(SUPPLIED RECORDS)

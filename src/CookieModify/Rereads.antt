-- ===== src/CookieModify/Rereads.antt =====
-- The `Cookie` header that is written, read back.
use mathlib.Core.Path.{subst}
use mathlib.Core.List.{Memᴰ}
use good_mitm.Prelude.{
  ◌≡◌, refl, sym, ◌∙◌, ap, All, Bool-cases, Option-cases, inl, inr, true, Option, some, List, [],
  ◌∷◌, map,
}
use good_mitm.Text.Laws.{eq_sound, eq_refl}
use good_mitm.Env.Laws.{CookieLaws}
use good_mitm.Text.{Text, eq, codes, split, join}
use good_mitm.Text.Split.{IsPlain, split-join}
use good_mitm.Env.{Env}
use good_mitm.Io.{pure}
use good_mitm.CookieModify.{add_cookies, read_cookies, cookie_header}

module _ (E : Env) where
  -- The cookies, put into the jar one after the other.
  abbrev pub put_all : List E.Cookie → E.CookieJar → E.CookieJar
  put_all [] jar = jar
  put_all (c ∷ more) jar = put_all more (E.jar_add c jar)

  -- The text of the cookie has no semicolon, and is parsed as the cookie.
  pub record IsReadable (c : E.Cookie) : Type 0 where
    pub plain : IsPlain (E.cookie_to_string c)
    pub parses : E.cookie_parse (E.cookie_to_string c) ≡ some c

  All-IsPlain : (cs : List E.Cookie) → All IsReadable cs → All IsPlain (map E.cookie_to_string cs)
  All-IsPlain [] h = tt
  All-IsPlain (c ∷ cs) (r, h) = (r.plain, All-IsPlain cs h)

  add_cookies-put_all :
      (cs : List E.Cookie) (jar : E.CookieJar)
      → All IsReadable cs
      → add_cookies E (map E.cookie_to_string cs) jar ≡ put_all cs jar
  unfolding add_cookies
  add_cookies-put_all [] jar h = refl
  add_cookies-put_all (c ∷ cs) jar (r, h) =
      rw (r.parses, add_cookies) (add_cookies-put_all cs (E.jar_add c jar) h)

  -- A `Cookie` header with the text for a jar is read as the cookies of the jar.
  read_cookies-cookie_header :
      (jar : E.CookieJar) (v : E.HeaderValue) (c : E.Cookie) (cs : List E.Cookie)
      → E.value_to_str v ≡ some (cookie_header E jar)
      → E.jar_iter jar ≡ c ∷ cs
      → All IsReadable (c ∷ cs)
      → read_cookies E (some v) ≡ pure (put_all (c ∷ cs) E.jar_new)
  unfolding read_cookies cookie_header
  read_cookies-cookie_header jar v c cs text items h =
      let pieces : split (codes "; ") (join (codes "; ") (map E.cookie_to_string (E.jar_iter jar)))
          ≡ map E.cookie_to_string (c ∷ cs) =
        ap (λ l. split (codes "; ") (join (codes "; ") (map E.cookie_to_string l))) items
        ∙ split-join (E.cookie_to_string c) (map E.cookie_to_string cs) (All-IsPlain (c ∷ cs) h) in
      rw (text, read_cookies, pieces, add_cookies-put_all (c ∷ cs) E.jar_new h) refl

  module _ (laws : CookieLaws E) where
    -- What the jar lists is what it holds.
    pub record IsListed (jar : E.CookieJar) : Type 0 where
      pub holds : All (λ c. E.jar_get (E.cookie_name c) jar ≡ some c) (E.jar_iter jar)
      pub lists :
          (k : Text) (c : E.Cookie)
          → E.jar_get k jar ≡ some c
          → Memᴰ c (E.jar_iter jar) × (E.cookie_name c ≡ k)

    module _ (k : Text) (o : Option E.Cookie) where
      -- A cookie of the name is the given one.
      abbrev Agrees : List E.Cookie → Type 0
      Agrees = All (λ c. E.cookie_name c ≡ k → some c ≡ o)

      jar_add-get :
          (c : E.Cookie) (j : E.CookieJar)
          → (E.cookie_name c ≡ k → some c ≡ o)
          → E.jar_get k j ≡ o
          → E.jar_get k (E.jar_add c j) ≡ o
      jar_add-get c j agrees before = elim (Bool-cases (eq (E.cookie_name c) k)) [
        | inl hit ↦
            let same = eq_sound (E.cookie_name c) k hit in
            subst (λ n. E.jar_get n (E.jar_add c j) ≡ some c) same (laws.get-add c j) ∙ agrees same
        | inr miss ↦
            laws.get-add_ne k c j (λ same.
              let hit : eq (E.cookie_name c) k ≡ true =
                subst (λ n. eq n k ≡ true) same (eq_refl k) in
              absurd cc)
            ∙ before
      ]

      put_all-keeps :
          (cs : List E.Cookie) (j : E.CookieJar)
          → Agrees cs
          → E.jar_get k j ≡ o
          → E.jar_get k (put_all cs j) ≡ o
      put_all-keeps [] j h before = before
      put_all-keeps (c ∷ cs) j (agrees, h) before =
          put_all-keeps cs (E.jar_add c j) h (jar_add-get c j agrees before)

      put_all-finds :
          (c : E.Cookie) (cs : List E.Cookie) (j : E.CookieJar)
          → Memᴰ c cs
          → E.cookie_name c ≡ k
          → Agrees cs
          → E.jar_get k (put_all cs j) ≡ o
      put_all-finds c [] j m named h = elim m [ ]
      put_all-finds c (d ∷ ds) j (Memᴰ.head same) named (agrees, h) =
          let named' = ap E.cookie_name (sym same) ∙ named in
          put_all-keeps ds (E.jar_add d j) h (
            subst (λ n. E.jar_get n (E.jar_add d j) ≡ some d) named' (laws.get-add d j)
            ∙ agrees named')
      put_all-finds c (d ∷ ds) j (Memᴰ.tail m) named (_, h) =
          put_all-finds c ds (E.jar_add d j) m named h

    holds-Agrees :
        (jar : E.CookieJar) (k : Text) (cs : List E.Cookie)
        → All (λ c. E.jar_get (E.cookie_name c) jar ≡ some c) cs
        → Agrees k (E.jar_get k jar) cs
    holds-Agrees jar k [] h = tt
    holds-Agrees jar k (c ∷ cs) (is, h) =
        (λ named. sym (subst (λ n. E.jar_get n jar ≡ some c) named is), holds-Agrees jar k cs h)

    put_all-jar_iter :
        (jar : E.CookieJar) (k : Text)
        → IsListed jar
        → E.jar_get k (put_all (E.jar_iter jar) E.jar_new) ≡ E.jar_get k jar
    put_all-jar_iter jar k listed =
        let agrees = holds-Agrees jar k (E.jar_iter jar) listed.holds in
        elim (Option-cases (E.jar_get k jar)) [
          | inl absent ↦
              put_all-keeps k (E.jar_get k jar) (E.jar_iter jar) E.jar_new agrees
                (laws.get-new k ∙ sym absent)
          | inr (c, present) ↦
              let (m, named) = listed.lists k c present in
              put_all-finds k (E.jar_get k jar) c (E.jar_iter jar) E.jar_new m named agrees
        ]

    -- If a jar that is not empty holds just the cookies it lists, and the text of each of them
    -- has no semicolon and is parsed as the cookie, then a `Cookie` header with the text that is
    -- written for the jar is read as a jar that has for every name the same cookie. It rests on
    -- the documented behaviour of jars.
    pub cookie_header-read_cookies :
        (jar : E.CookieJar) (v : E.HeaderValue) (c : E.Cookie) (cs : List E.Cookie)
        → IsListed jar
        → E.value_to_str v ≡ some (cookie_header E jar)
        → E.jar_iter jar ≡ c ∷ cs
        → All IsReadable (c ∷ cs)
        → (jar' : E.CookieJar) × (read_cookies E (some v) ≡ pure jar')
          × ((k : Text) → E.jar_get k jar' ≡ E.jar_get k jar)
    cookie_header-read_cookies jar v c cs listed text items readable = (
      put_all (c ∷ cs) E.jar_new,
      read_cookies-cookie_header jar v c cs text items readable,
      λ k.
          subst (λ l. E.jar_get k (put_all l E.jar_new) ≡ E.jar_get k jar) items
            (put_all-jar_iter jar k listed),
    )
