-- ===== src/Handler/Matched.antt =====
-- Which rules apply to a request, and how often.
use good_mitm.Prelude.{
  ℕ, zero, suc, ◌≡◌, refl, Bool, true, false, Bool-cases, inl, inr, List, [], ◌∷◌, concat, map,
  select, length, if◌then◌else◌, All, All-append,
}
use good_mitm.Env.{Env}
use good_mitm.Io.{Request, pure}
use good_mitm.Io.Ensures.{Ensures, Ensures-bind, Ensures-at}
use good_mitm.Filter.{Filter, is_match_req}
use good_mitm.Rule.{Rule}
use good_mitm.Handler.{match_filters, match_rules}

-- As many copies.
abbrev pub replicate : ℕ → Rule → List Rule
replicate zero r = []
replicate (suc n) r = r ∷ replicate n r

module _ (E : Env) (req : Request E) (test : Filter → Bool) where
  -- The test says of each of the filters whether it matches the request.
  abbrev pub Decides : List Filter → Type 0
  Decides = All (λ f. is_match_req E f req ≡ pure (test f))

  match_filters_lem :
      (rule : Rule) (filters : List Filter)
      → Decides filters
      → match_filters E rule filters req ≡ pure (replicate (length (select test filters)) rule)
  unfolding match_filters
  match_filters_lem rule [] h = refl
  match_filters_lem rule (f ∷ more) (here, h) = elim (Bool-cases (test f)) [
    | inl hit ↦ rw (here, match_filters_lem rule more h, hit, match_filters)
    | inr miss ↦ rw (here, match_filters_lem rule more h, miss, match_filters)
  ]

  -- If no filter panics on the request, then the rules that apply are, in the order of the rules, each
  -- rule as many times as it has filters that match.
  pub match_rules_lem :
      (rules : List Rule)
      → All (λ r. Decides r.filters) rules
      → match_rules E rules req
        ≡ pure (concat (map (λ r. replicate (length (select test r.filters)) r) rules))
  unfolding match_rules
  match_rules_lem [] h = refl
  match_rules_lem (rule ∷ rules) (here, h) =
      rw (match_filters_lem rule rule.filters here, match_rules_lem rules h)

-- The rules that apply are rules of the list: what holds of each rule there holds of each of them.
module _ (E : Env) (P : Rule → Type 0) (req : Request E) where
  match_filters-All :
      (rule : Rule) (filters : List Filter)
      → P rule
      → Ensures (All P) (match_filters E rule filters req)
  unfolding match_filters
  match_filters-All rule [] p = tt
  match_filters-All rule (f ∷ more) p = Ensures-bind (All P) (is_match_req E f req) _ (λ hit _.
      Ensures-bind (All P) (match_filters E rule more req) _ (λ rest made.
        pushed hit rest (
          Ensures-at (All P) (match_filters E rule more req) made (match_filters-All rule more p))))
    where
      pushed :
          (hit : Bool) (rest : List Rule) → All P rest → All P (if hit then rule ∷ rest else rest)
      pushed true rest h = (p, h)
      pushed false rest h = h

  pub match_rules-All :
      (rules : List Rule) → All P rules → Ensures (All P) (match_rules E rules req)
  unfolding match_rules
  match_rules-All [] h = tt
  match_rules-All (rule ∷ rules) (p, h) =
      Ensures-bind (All P) (match_filters E rule rule.filters req) _ (λ here made.
        Ensures-bind (All P) (match_rules E rules req) _ (λ rest made'.
          All-append P here rest
            (Ensures-at (All P) (match_filters E rule rule.filters req) made
              (match_filters-All rule rule.filters p))
            (Ensures-at (All P) (match_rules E rules req) made' (match_rules-All rules h))))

(End SUPPLIED RECORDS)

WORK ITEM :: The answer must consist of every line from the data that contains the word "apply".

SOLUTION TO THE EXERCISE ::
-- Which rules apply to a request, and how often.
  -- If no filter panics on the request, then the rules that apply are, in the order of the rules, each
-- The rules that apply are rules of the list: what holds of each rule there holds of each of them.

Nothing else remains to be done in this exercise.